**REQUIRED ACTION:** Please copy each line of the listing below in which the word "replays" appears.

**DATA SHOWN:**
========================

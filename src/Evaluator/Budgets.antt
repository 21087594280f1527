-- ===== src/Evaluator/Budgets.antt =====
-- The budgets for failed regression and adversarial probes.
use skill_kernel.Base.{
  String, str_eq, Bool, false, ◌||◌, List, [], ◌∷◌, Option, ◌≡◌, refl, sym, subst, inl, inr, arith,
  any, Bool-cases, Fields, returned,
}
use skill_kernel.Evaluator.Runtime.{Runtime, Probe, ProbeEvaluation}
use skill_kernel.Evaluator.Replay.{ReplayMetrics}
use skill_kernel.Evaluator.Metrics.{
  AcceptanceMetrics, metrics_of, acceptance_policy_reason_codes, utility_codes, did_fail, failures,
}
use skill_kernel.Evaluator.Gate.{
  ProposalGateEvaluation, score_by_policy, Score, score_of, score_outcome, evaluate,
}
use skill_kernel.Evaluator.Acceptance.{
  evaluate-parts, score_outcome-scanned, score_outcome-unscanned, acceptance_metrics-parts,
}

no_failures :
    (kind : String) (rs : List ProbeEvaluation) → any did_fail rs ≡ false → failures kind rs ≡ 0
unfolding failures
no_failures kind [] h = refl
no_failures kind (r ∷ rs) h = ground (arith, no_failures kind rs)

-- A code of an exceeded budget for failed probes.
abbrev pub is_budget_code : String → Bool
is_budget_code code =
    str_eq code "regression-failure-budget-exceeded"
    || str_eq code "adversarial-critical-budget-exceeded"

policy-budgets :
    (rt : Runtime) (rs : List ProbeEvaluation) (replays : List ReplayMetrics)
    → any did_fail rs ≡ false
    → any is_budget_code (acceptance_policy_reason_codes rt (metrics_of rt rs replays)) ≡ false
unfolding acceptance_policy_reason_codes metrics_of utility_codes
policy-budgets rt rs replays fine =
    rw (no_failures "regression" rs fine, no_failures "adversarial" rs fine) (ground arith)

by_policy-budgets :
    (metrics : AcceptanceMetrics) (codes : List String)
    → any is_budget_code codes ≡ false
    → any is_budget_code (score_by_policy metrics codes).reason_codes ≡ false
by_policy-budgets metrics [] h = refl
by_policy-budgets metrics (c ∷ cs) h = h

score_of-budgets :
    (rt : Runtime) (rs : List ProbeEvaluation) (replays : List ReplayMetrics)
    → any is_budget_code (score_of rt rs (metrics_of rt rs replays)).reason_codes ≡ false
unfolding score_of
score_of-budgets rt rs replays = elim (Bool-cases (any did_fail rs)) [
  | inl fails ↦ ground arith
  | inr fails ↦
      let h : any is_budget_code (acceptance_policy_reason_codes rt (metrics_of rt rs replays))
          ≡ false =
        policy-budgets rt rs replays fails in
      ground (
        arith,
        by_policy-budgets (metrics_of rt rs replays)
            (acceptance_policy_reason_codes rt (metrics_of rt rs replays)),
      )
]

score_outcome-budgets :
    (rt : Runtime) (scanner_status : String) (probes : List Probe) (rs : List ProbeEvaluation)
    (score : Score)
    → score_outcome rt scanner_status probes rs ≡ returned score
    → any is_budget_code score.reason_codes ≡ false
score_outcome-budgets rt scanner_status probes rs score scored =
    elim (Bool-cases (str_eq scanner_status "passed")) [
      | inr bad ↦
          let h = score_outcome-unscanned rt scanner_status probes rs score bad scored in
          subst (λ codes. any is_budget_code codes ≡ false) (sym h.1) refl
      | inl scanned ↦
          let (metrics, computed, same) =
            score_outcome-scanned rt scanner_status probes rs score scanned scored in
          let (replays, made) = acceptance_metrics-parts rt rs probes metrics computed in
          subst (λ s. any is_budget_code s.reason_codes ≡ false) same
            (subst (λ m. any is_budget_code (score_of rt rs m).reason_codes ≡ false) made
              (score_of-budgets rt rs replays))
    ]

-- No gate is given the reason that a budget for failed regression or adversarial probes is exceeded:
-- one failed probe of any kind already fails the gate, before the budgets are compared.
pub evaluate-budgets :
    (rt : Runtime) (skill_ir : Fields) (scanner_status : String) (probes : List Probe)
    (executor : Option String) (g : ProposalGateEvaluation)
    → evaluate rt skill_ir scanner_status probes executor ≡ returned g
    → any is_budget_code g.reason_codes ≡ false
evaluate-budgets rt skill_ir scanner_status probes executor g ran =
    let (rs, e, score, scored, made) =
      evaluate-parts rt skill_ir scanner_status probes executor g ran in
    subst (λ x. any is_budget_code x.reason_codes ≡ false) made
      (score_outcome-budgets rt scanner_status probes rs score scored)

========================

**SOLUTION:**
    (rt : Runtime) (rs : List ProbeEvaluation) (replays : List ReplayMetrics)
    → any is_budget_code (acceptance_policy_reason_codes rt (metrics_of rt rs replays)) ≡ false
policy-budgets rt rs replays fine =
    (rt : Runtime) (rs : List ProbeEvaluation) (replays : List ReplayMetrics)
    → any is_budget_code (score_of rt rs (metrics_of rt rs replays)).reason_codes ≡ false
score_of-budgets rt rs replays = elim (Bool-cases (any did_fail rs)) [
      let h : any is_budget_code (acceptance_policy_reason_codes rt (metrics_of rt rs replays))
        policy-budgets rt rs replays fails in
        by_policy-budgets (metrics_of rt rs replays)
            (acceptance_policy_reason_codes rt (metrics_of rt rs replays)),
          let (replays, made) = acceptance_metrics-parts rt rs probes metrics computed in
              (score_of-budgets rt rs replays))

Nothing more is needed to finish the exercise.